Impossible. So what if Benjamin Taylor is impossibly cute, even with that chicken-tuft hair and a swollen jaw, how can I possibly be jealous about a slugged lawyer and a dead movie star? Even as these thoughts tumbled through her mind, some internal voice offered an answer. Because Marilyn Monroe represents everything you aren’t—she’s sensual, sexy, and has a body that could stop a herd of stampeding cattle.
Rosie put the pot aside and grabbed the My Fair Lady mug for herself. Audrey Hepburn—as Eliza Doolittle—wore an ill-fitting jacket, a wrinkled skirt and a smudge of soot on her nose. Is that how I look to men? Rosie tried to forget the clump of mud that had stuck to her forehead yesterday. She turned the mug and stared at another picture of Audrey Hepburn as the suave, refurbished Eliza Doolittle—an elegant, classy lady who eventually wooed her man.
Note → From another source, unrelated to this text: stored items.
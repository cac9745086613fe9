-- ===== src/Common/Lists.antt =====
-- Lists measured by native numbers, under the library's names, and predicates on them.
use Prim.Native.Nat.{ℕ, zero, suc, ◌+◌, ◌≤◌, min}
use mathlib.Core.Path.{◌≡◌, refl}
use mathlib.Core.Bool.{Bool, true, false, ◌||◌}
use avella.Common.Tests.{contains, nat_eq}
use mathlib.Core.List.{List, [], ◌∷◌, ◌++◌}
use native.Mathlib.Omega.{arith}

module _ {ℓ} {A : Type ℓ} where
  abbrev pub is_empty : List A → Bool
  is_empty [] = true
  is_empty (x ∷ xs) = false

  abbrev pub length : List A → ℕ
  length [] = 0
  length (x ∷ xs) = suc (length xs)

  abbrev pub take : ℕ → List A → List A
  take zero xs = []
  take (suc n) [] = []
  take (suc n) (x ∷ xs) = x ∷ take n xs

  abbrev pub drop : ℕ → List A → List A
  drop zero xs = xs
  drop (suc n) [] = []
  drop (suc n) (x ∷ xs) = drop n xs

  pub length-append : (xs ys : List A) → length (xs ++ ys) ≡ length xs + length ys
  length-append [] ys = omega arith
  length-append (x ∷ xs) ys = omega (arith, length-append xs ys)

  pub length-take : (n : ℕ) (xs : List A) → length (take n xs) ≡ min n (length xs)
  length-take zero xs = omega arith
  length-take (suc n) [] = omega arith
  length-take (suc n) (x ∷ xs) = omega (arith, length-take n xs)

-- Every element satisfies the predicate.
abbrev pub All {ℓ κ} : {A : Type ℓ} → (A → Type κ) → List A → Type κ
All P [] = Unit
All P (x ∷ xs) = P x × All P xs

-- An element in the middle of a list is taken out, and put in.
pub All-parts {ℓ κ} :
    {A : Type ℓ} (P : A → Type κ) (before after : List A) (x : A)
    → All P (before ++ x ∷ after)
    → P x × All P (before ++ after)
All-parts P [] after x h = h
All-parts P (y ∷ before) after x h =
    let (p, rest) = All-parts P before after x h.1 in (p, (h.0, rest))

pub All-join {ℓ κ} :
    {A : Type ℓ} (P : A → Type κ) (before after : List A) (x : A)
    → P x
    → All P (before ++ after)
    → All P (before ++ x ∷ after)
All-join P [] after x p h = (p, h)
All-join P (y ∷ before) after x p h = (h.0, All-join P before after x p h.1)

module _ {ℓ} {A : Type ℓ} where
  pub take_all : (n : ℕ) (xs : List A) → length xs ≤ n → take n xs ≡ xs
  take_all zero [] h = refl
  take_all zero (x ∷ xs) h = absurd (omega arith)
  take_all (suc n) [] h = refl
  take_all (suc n) (x ∷ xs) h = rw (take_all n xs (omega arith))

  take-take_of_le : (m n : ℕ) (ys : List A) → m ≤ n → take m (take n ys) ≡ take m ys
  take-take_of_le zero n ys h = refl
  take-take_of_le (suc m) zero ys h = absurd (omega arith)
  take-take_of_le (suc m) (suc n) [] h = refl
  take-take_of_le (suc m) (suc n) (y ∷ ys) h = rw (take-take_of_le m n ys (omega arith))

  take-append_take_of_le :
      (m n : ℕ) (xs ys : List A) → m ≤ n → take m (xs ++ take n ys) ≡ take m (xs ++ ys)
  take-append_take_of_le m n [] ys h = take-take_of_le m n ys h
  take-append_take_of_le zero n (x ∷ xs) ys h = refl
  take-append_take_of_le (suc m) n (x ∷ xs) ys h =
      rw (take-append_take_of_le m n xs ys (omega arith))

  pub take-append_take : (n : ℕ) (xs ys : List A) → take n (xs ++ take n ys) ≡ take n (xs ++ ys)
  take-append_take n xs ys = take-append_take_of_le n n xs ys (omega arith)

pub contains-append :
    (xs ys : List ℕ) (c : ℕ) → contains (xs ++ ys) c ≡ (contains xs c || contains ys c)
contains-append [] ys c = refl
contains-append (x ∷ xs) ys c = ground (arith, contains-append xs ys c)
Rosie stared longingly at the image. Maybe if Mom hadn’t been so busy helping run a farm and raising five kids—four of them boys—I might have learned the secrets of being feminine and elegant. Rosie slid a glance at the receptionist, who was carefully outlining her lips with some sort of pink-leaded pencil. I could never draw a straight line, much less outline my mouth. I’d slip, skid off my top lip and end up drawing a big wobbly circle around my nose.
As Rosie poured coffee into the My Fair Lady mug, a yearning filled her. A yearning to be a new Rosie. Not a lip-lining, movie-star Rosie. But an adventurous Rosie whose dreams were bigger than the gulch, bigger than Real Men magazine. Isn’t that what Boom Boom and Mr. Real had done? Escaped from humdrum to bongo drum?
Picking up the mugs, Rosie grinned. Too bad there wasn’t a goddess named Boom Boom, who inspired women to bongo their way from a mediocre life to an exciting one. Rosie paused. Just as she stirred sugar and milk into her coffee, why couldn’t she also stir a little Boom Boom into her Athena?
With an extra oomph to her step, Rosie strutted into Ben’s office.